UK construction growth at weakest since June as job cuts continue

Tom Belger
·Finance and policy reporter
·3 min read
New purchasing managers' index (PMI) data shines a light on how UK construction firms are coping with COVID-19. Photo: Justin Tallis/AFP via Getty Images
New purchasing managers' index (PMI) data shines a light on how UK construction firms are coping with COVID-19. Photo: Justin Tallis/AFP via Getty Images

UK construction growth has slowed to its weakest since June over the past month, and firms have continued to slash jobs.

A new survey shows momentum waning in the industry, even ahead of England’s new lockdown coming into force. Employment in the industry continued to fall last month amid heightened economic uncertainty, according to consultancy IHS Markit and the Chartered Institute of Procurement & Supply (CIPS).

But most firms continue to report growth in work, albeit at a slower pace than in September. Demand for materials was so high it outsripped supply, pushing up costs.

Firms have been buoyed by pent-up demand over the summer in the wake of the first nationwide lockdown. The impact of England’s new lockdown remains to be seen, with construction work and the property sector allowed to remain open but curbs likely to have a heavy toll on the wider economy that risks dampening demand.

READ MORE: UK services firms close to stalling even before lockdown

The purchasing managers’ index (PMI) data is based on a poll of construction firms, and is closely followed by investors and economists. Survey results are turned into a headline figure between 0 and 100. Readings above 50 show most firms are expanding, while readings below 50 show decline.

October’s reading came in at 53.1, compared to the 56.8 reading in September, when firms had seen the biggest rise in new work since before the first nationwide lockdown.

Most UK construction firms reported growth, indicated by readings above 50, but at a slower pace in October than the previous month. Chart: IHS Markit / CIPS.
Most UK construction firms reported growth, indicated by readings above 50, but at a slower pace in October than the previous month. Chart: IHS Markit/CIPS

The home-building sector has seen some of the strongest recent growth within construction, fuelled by stamp duty cuts and soaring demand for moves since the pandemic hit.

The latest figures suggest UK house price growth is at a five-year high despite the crisis, with low interest rates, mortgage holidays and furlough limiting much of the fallout from the economy’s troubles.
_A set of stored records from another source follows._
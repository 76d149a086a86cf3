-- ===== src/Actor/Api/Streams/Closing.antt =====
-- A stream of a flow's events that has lost an event ends its call.
use mathlib.Core.List.{append_assoc, map-append}
use completer.Prelude.{
  ◌≡◌, refl, sym, ap, ◌∙◌, String, List, [], ◌∷◌, ◌++◌, Bool, true, false, ◌||◌, is_some, inl, inr,
  ◌⊎◌, Bool-cases, arith,
}
use completer.Model.Event.{Event}
use completer.Persistence.Streaming.{StreamEvent}
use completer.Actor.Api.Streams.{
  offered, EventStream, EventLoop, running, stopping, EventReach, on_event, send_event, has_room,
}
use completer.Actor.Api.Streams.Buffering.{stream_event}
use completer.Actor.Api.Streams.Invariant.{stream_events}

abbrev pub is_stopping : EventLoop → Bool
is_stopping (stopping err) = true
is_stopping _ = false

-- The call has returned, or its ending waits to be read, or to be offered.
unfoldable pub is_closing : EventStream → Bool
is_closing s = is_some s.returned || is_some s.done || is_stopping s.event_loop

-- Nothing was lost.
abbrev pub IsOpen : (flow_id : String) → List (StreamEvent Event) → EventStream → Type 0
IsOpen flow_id es s = (s.event_loop ≡ running) × (s.sent ++ s.buffer ≡ stream_events flow_id es)

IsOpen-on_event :
    (flow_id : String) (es : List (StreamEvent Event)) (e : StreamEvent Event) (s : EventStream)
    → IsOpen flow_id es s
    → (is_closing (on_event flow_id e s) ≡ true)
      ⊎ IsOpen flow_id (es ++ e ∷ []) (on_event flow_id e s)
unfolding on_event is_closing offered
IsOpen-on_event flow_id es e s o = elim (Bool-cases (has_room s.buffer)) [
  | inl q ↦ rw q (
      inr (
        o.0,
        sym (append_assoc s.sent s.buffer _)
            ∙ ap (λ l. l ++ stream_event flow_id e ∷ []) o.1
            ∙ sym (map-append (stream_event flow_id) es (e ∷ [])),
      ))
  | inr q ↦ rw q (inl ground arith)
]

is_closing-on_event :
    (flow_id : String) (e : StreamEvent Event) (s : EventStream)
    → is_closing s ≡ true
    → is_closing (on_event flow_id e s) ≡ true
unfolding on_event is_closing offered
is_closing-on_event flow_id e s c = ground arith

-- In every state of a stream of a flow's events, either the call has returned, or an ending is at
-- hand in the channel `done` or with the sending goroutine, or that goroutine runs and what it has
-- sent with what waits to be sent is exactly the events of the callbacks, in their order.
pub EventReach-is_closing :
    {flow_id : String} {es : List (StreamEvent Event)} {s : EventStream}
    → EventReach flow_id es s
    → (is_closing s ≡ true)
      ⊎ ((s.event_loop ≡ running) × (s.sent ++ s.buffer ≡ stream_events flow_id es))
unfolding is_closing offered send_event
EventReach-is_closing EventReach.start = inr (refl, refl)
EventReach-is_closing {flow_id} (EventReach.called_back {es} {s} e r q) =
    elim (EventReach-is_closing r) [
      | inl c ↦ inl (is_closing-on_event flow_id e s c)
      | inr o ↦ IsOpen-on_event flow_id es e s o
    ]
EventReach-is_closing (EventReach.taken {s} true e rest r q l b) = elim (EventReach-is_closing r) [
  | inl c ↦ inl c
  | inr o ↦ inr (l, append_assoc s.sent (e ∷ []) rest ∙ ap (λ x. s.sent ++ x) (sym b) ∙ o.1)
]
EventReach-is_closing (EventReach.taken {s} false e rest r q l b) = inl ground arith
EventReach-is_closing (EventReach.client_closed r q l) = inl ground arith
EventReach-is_closing (EventReach.done_taken err r q l d) = inl ground arith
EventReach-is_closing (EventReach.stopped {s} err r q l) = inl ground arith
EventReach-is_closing (EventReach.journal_subscribed r q n) = EventReach-is_closing r
EventReach-is_closing (EventReach.call_returns err r q n d) = inl refl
Mortgage interest rates and unemployment are rising, however.

The speed of recovery only eased slightly in housebuilding last month, while commercial activity continued to rise. Yet work in civil engineering declined for a third month in a row, with more firms reporting shrinking work than at any time since May.
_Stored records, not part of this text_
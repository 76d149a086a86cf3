-- ===== src/Actor/Api/Streams/Returning.antt =====
-- The call of a stream that has lost an event ends (StreamEvents of actor/api.go).
use completer.Prelude.{
  ℕ, zero, suc, ◌+◌, ◌<◌, ◌≡◌, ◌≢◌, refl, ap, String, List, ◌++◌, length, none, some, true, false,
  is_some, inl, inr, Bool-cases, Option-cases, arith, if◌then◌else◌,
}
use completer.Model.Event.{Event}
use completer.Persistence.Streaming.{StreamEvent}
use completer.Actor.Api.Streams.{
  Ending, EventStream, EventLoop, running, stopping, over, EventReach, send_event, offered, OwnStep,
}
use completer.Actor.Api.Streams.Invariant.{stream_events}
use completer.Actor.Api.Streams.Closing.{is_closing, is_stopping, EventReach-is_closing}

-- Whichever of its own steps the program makes, it can go on until the call has returned, and it
-- cannot make steps for ever.
pub data Ends : EventStream → Type 0 where
  has_returned : {s : EventStream} (err : Ending) → s.returned ≡ some err → Ends s
  goes_on :
      {s : EventStream} (t : EventStream)
      → OwnStep s t
      → ((u : EventStream) → OwnStep s u → Ends u)
      → Ends s

-- What is left to do.
abbrev loop_left : EventLoop → ℕ
loop_left running = 2
loop_left (stopping err) = 1
loop_left over = 0

abbrev steps_left : EventStream → ℕ
steps_left s =
    length s.buffer
    + loop_left s.event_loop
    + (if s.subscribed then 0 else 1)
    + (if is_some s.returned then 0 else 1)

OwnStep-steps_left :
    (s t : EventStream)
    → OwnStep s t
    → is_closing s ≡ true
    → (is_closing t ≡ true) × (steps_left t < steps_left s)
unfolding is_closing send_event offered
OwnStep-steps_left s _ (OwnStep.taken true e rest q l b) c =
    (ground (arith, q, l, c), omega (arith, ap length b))
OwnStep-steps_left s _ (OwnStep.taken false e rest q l b) c =
    (ground (arith, q, l, c), omega (arith, ap length b, ap loop_left l))
OwnStep-steps_left s _ (OwnStep.done_taken err q l d) c =
    (ground (arith, q, l, c), omega (arith, ap loop_left l))
OwnStep-steps_left s _ (OwnStep.stopped err q l) c =
    (ground (arith, q, l, c), omega (arith, ap loop_left l))
OwnStep-steps_left s _ (OwnStep.journal_subscribed q n) c = (c, ground (arith, n))
OwnStep-steps_left s _ (OwnStep.call_returns err q n d) c = (refl, ground (arith, q))

stopping_of : (l : EventLoop) → is_stopping l ≡ true → (err : Ending) × (l ≡ stopping err)
stopping_of running e = absurd (cc)
stopping_of (stopping err) e = (err, refl)
stopping_of over e = absurd (cc)

OwnStep-next :
    (s : EventStream) → s.returned ≡ none → is_closing s ≡ true → (t : EventStream) × OwnStep s t
unfolding is_closing
OwnStep-next s q c = elim (Bool-cases s.subscribed) [
  | inr n ↦ (_, OwnStep.journal_subscribed q n)
  | inl n ↦ elim (Option-cases s.done) [
    | inr (err, d) ↦ (_, OwnStep.call_returns err q n d)
    | inl d ↦
        let (err, l) = stopping_of s.event_loop (ground (arith, q, d, c)) in
        (_, OwnStep.stopped err q l)
  ]
]

is_closing-Ends : (n : ℕ) (s : EventStream) → steps_left s < n → is_closing s ≡ true → Ends s
is_closing-Ends zero s h c = absurd (omega (arith, h))
is_closing-Ends (suc n) s h c = elim (Option-cases s.returned) [
  | inr (err, q) ↦ Ends.has_returned err q
  | inl q ↦
      let (t, step) = OwnStep-next s q c in
      Ends.goes_on t step (λ u k.
        let (closing, less) = OwnStep-steps_left s u k c in
        is_closing-Ends n u (omega (arith, h, less)) closing)
]

-- From every state of a stream of a flow's events in which what was sent, with what waits to be
-- sent, is not exactly the events of the callbacks, the call comes to return by the program's own
-- steps, whichever of them it makes and in whatever order, if there is no further callback and the
-- client does not go away.
pub EventReach-Ends :
    {flow_id : String} {es : List (StreamEvent Event)} {s : EventStream}
    → EventReach flow_id es s
    → s.sent ++ s.buffer ≢ stream_events flow_id es
    → Ends s
EventReach-Ends {s} r lost = elim (EventReach-is_closing r) [
  | inl c ↦ is_closing-Ends (suc (steps_left s)) s (omega arith) c
  | inr o ↦ absurd (lost o.1)
]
"Activity growth in the construction sector dipped a little in October as supply chain challenges impacted on productivity, and some of the momentum from the last few months leaked away,” said Duncan Brock, group director at the CIPS.

“The largest blot on the landscape was the number of redundancies and job shedding reported by construction firms, though builders remained relatively cheerful about the next 12 months.”
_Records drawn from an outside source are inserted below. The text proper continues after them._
-- ===== src/Actor/Api/Streams/Lifecycle.antt =====
-- The stream of lifecycle events, and which actors' events are in it.
use Prim.Native.String
use mathlib.Core.List.{Sublist, append-nil}
use mathlib.Core.List.Sublist
use completer.Prelude.{
  ℕ, ◌≤◌, ◌≡◌, String, List, [], ◌∷◌, ◌++◌, length, Option, some, Bool, true, false, ◌&&◌, ◌||◌,
  inl, inr, Bool-cases, arith, contains, itoa, contains-append, contains-itoa,
}
use completer.Sharding.{Uuid, shard_id}
use completer.Model.Event.{Event}
use completer.Model.Stream.{is_lifecycle_source}
use completer.Persistence.Streaming.{StreamEvent}
use completer.Actor.Api.{event_buffer_size, supervisor_name, graph_actor_path}
use completer.Actor.Api.Streams.{
  LifecycleStream, LifecycleReach, on_lifecycle_event, send_lifecycle, is_graph_lifecycle_event,
  has_room,
}
use completer.Actor.Api.Streams.Buffering.{
  IsKept, IsKept-buffer, IsKept-skip, IsKept-send, IsKept-drop,
}
use completer.Actor.Api.Streams.Invariant.{lifecycle_events, lifecycle_events-append}

IsKept-on_lifecycle_event :
    (es : List (String × StreamEvent Event)) (flow_id : String) (e : StreamEvent Event)
    (s : LifecycleStream)
    → IsKept s.sent s.buffer (lifecycle_events es)
    → IsKept
        (on_lifecycle_event flow_id e s).sent
        (on_lifecycle_event flow_id e s).buffer
        (lifecycle_events (es ++ (flow_id, e) ∷ []))
unfolding on_lifecycle_event
IsKept-on_lifecycle_event es flow_id e s k =
    rw (lifecycle_events-append es ((flow_id, e) ∷ []))
      (elim (Bool-cases (is_graph_lifecycle_event e)) [
        | inr q ↦ rw q (rw (append-nil (lifecycle_events es)) k)
        | inl q ↦ elim (Bool-cases (has_room s.buffer)) [
          | inl b ↦ rw (q, b) (IsKept-buffer s.sent s.buffer _ _ b k)
          | inr b ↦ rw (q, b) (IsKept-skip s.sent s.buffer _ _ k)
        ]
      ])

-- In every state of a stream of lifecycle events, at most a thousand events wait to be sent, and
-- those that were sent or wait are some of the lifecycle events among the events of the callbacks,
-- in their order, each with its index and the ID of its own flow.
pub LifecycleReach-IsKept :
    {es : List (String × StreamEvent Event)} {s : LifecycleStream}
    → LifecycleReach es s
    → (length s.buffer ≤ event_buffer_size) × Sublist (s.sent ++ s.buffer) (lifecycle_events es)
unfolding send_lifecycle
LifecycleReach-IsKept LifecycleReach.start = (omega arith, Sublist.refl [])
LifecycleReach-IsKept (LifecycleReach.called_back {es} {s} flow_id e r q) =
    IsKept-on_lifecycle_event es flow_id e s (LifecycleReach-IsKept r)
LifecycleReach-IsKept (LifecycleReach.taken {s} true e rest r q b) =
    IsKept-send s.sent rest s.buffer _ e b (LifecycleReach-IsKept r)
LifecycleReach-IsKept (LifecycleReach.taken {s} false e rest r q b) =
    IsKept-drop s.sent rest s.buffer _ e b (LifecycleReach-IsKept r)
LifecycleReach-IsKept (LifecycleReach.client_closed r q) = LifecycleReach-IsKept r

||-true : (a : Bool) → (a || true) ≡ true
||-true a = ground arith

&&-true : (a : Bool) → (a && true) ≡ a
&&-true a = ground arith

&&-false : (a : Bool) → (a && false) ≡ false
&&-false a = ground arith

contains-supervisor_name : (shard : ℕ) → contains 47 (supervisor_name shard) ≡ false
unfolding contains supervisor_name
contains-supervisor_name shard =
    rw
      (
        contains-append 47 "supervisor" (String.◌++◌ "-" (itoa shard)),
        contains-append 47 "-" (itoa shard),
      )
      (contains-itoa 47 shard (omega arith))

contains_slash : (s t : String) → contains 47 (String.◌++◌ s (String.◌++◌ "/" t)) ≡ true
unfolding contains
contains_slash s t =
    rw (contains-append 47 s (String.◌++◌ "/" t), contains-append 47 "/" t)
      (||-true (contains 47 s))

module _ (parse : String → Option Uuid) (shard_count : ℕ) where
  -- Of the events that a graph actor's path and its supervisor's name stand on, the lifecycle stream
  -- has those of the graph actor that are lifecycle events, and none of the supervisor's.
  pub is_graph_lifecycle_event-graph_actor_path :
      (flow_id path : String) (shard index : ℕ) (e : Event)
      → shard_id parse shard_count flow_id ≡ some shard
      → graph_actor_path parse shard_count flow_id ≡ some path
      → (is_graph_lifecycle_event (record { actor_name = path; event_index = index; event = e })
          ≡ is_lifecycle_source e)
        × (is_graph_lifecycle_event
              (record { actor_name = supervisor_name shard; event_index = index; event = e })
            ≡ false)
  unfolding is_graph_lifecycle_event graph_actor_path supervisor_name
  is_graph_lifecycle_event-graph_actor_path flow_id path shard index e h p = (
    rw (path_lem, contains_slash (supervisor_name shard) flow_id) (&&-true (is_lifecycle_source e)),
    rw (contains-supervisor_name shard) (&&-false (is_lifecycle_source e)),
  )
    where
      path_lem : path ≡ String.◌++◌ (supervisor_name shard) (String.◌++◌ "/" flow_id)
      path_lem = ground (arith, h, p)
READ MORE: UK factories losing steam as restrictions tighten

Data released for eurozone construction firms on Thursday showed a far worse reading of 44.9, indicating steep declines in work.

Meanwhile PMI figures for Britain’s dominant services sector earlier this week also showed recovery fading as national and regional restrictions have hit hospitality, leisure, retail and other services firms. Companies were almost evenly split between those reporting growth and decline, with a reading of 51.4 sharply down from the 56.4 reading seen a month earlier.

Manufacturing growth has also slowed, though it remained more firmly in positive territory on 53.7 with export demand in China, the US and Europe helping firms. Makers of consumer goods saw output decline last month however, blaming local lockdowns and falling demand among households as the virus has flared up once more.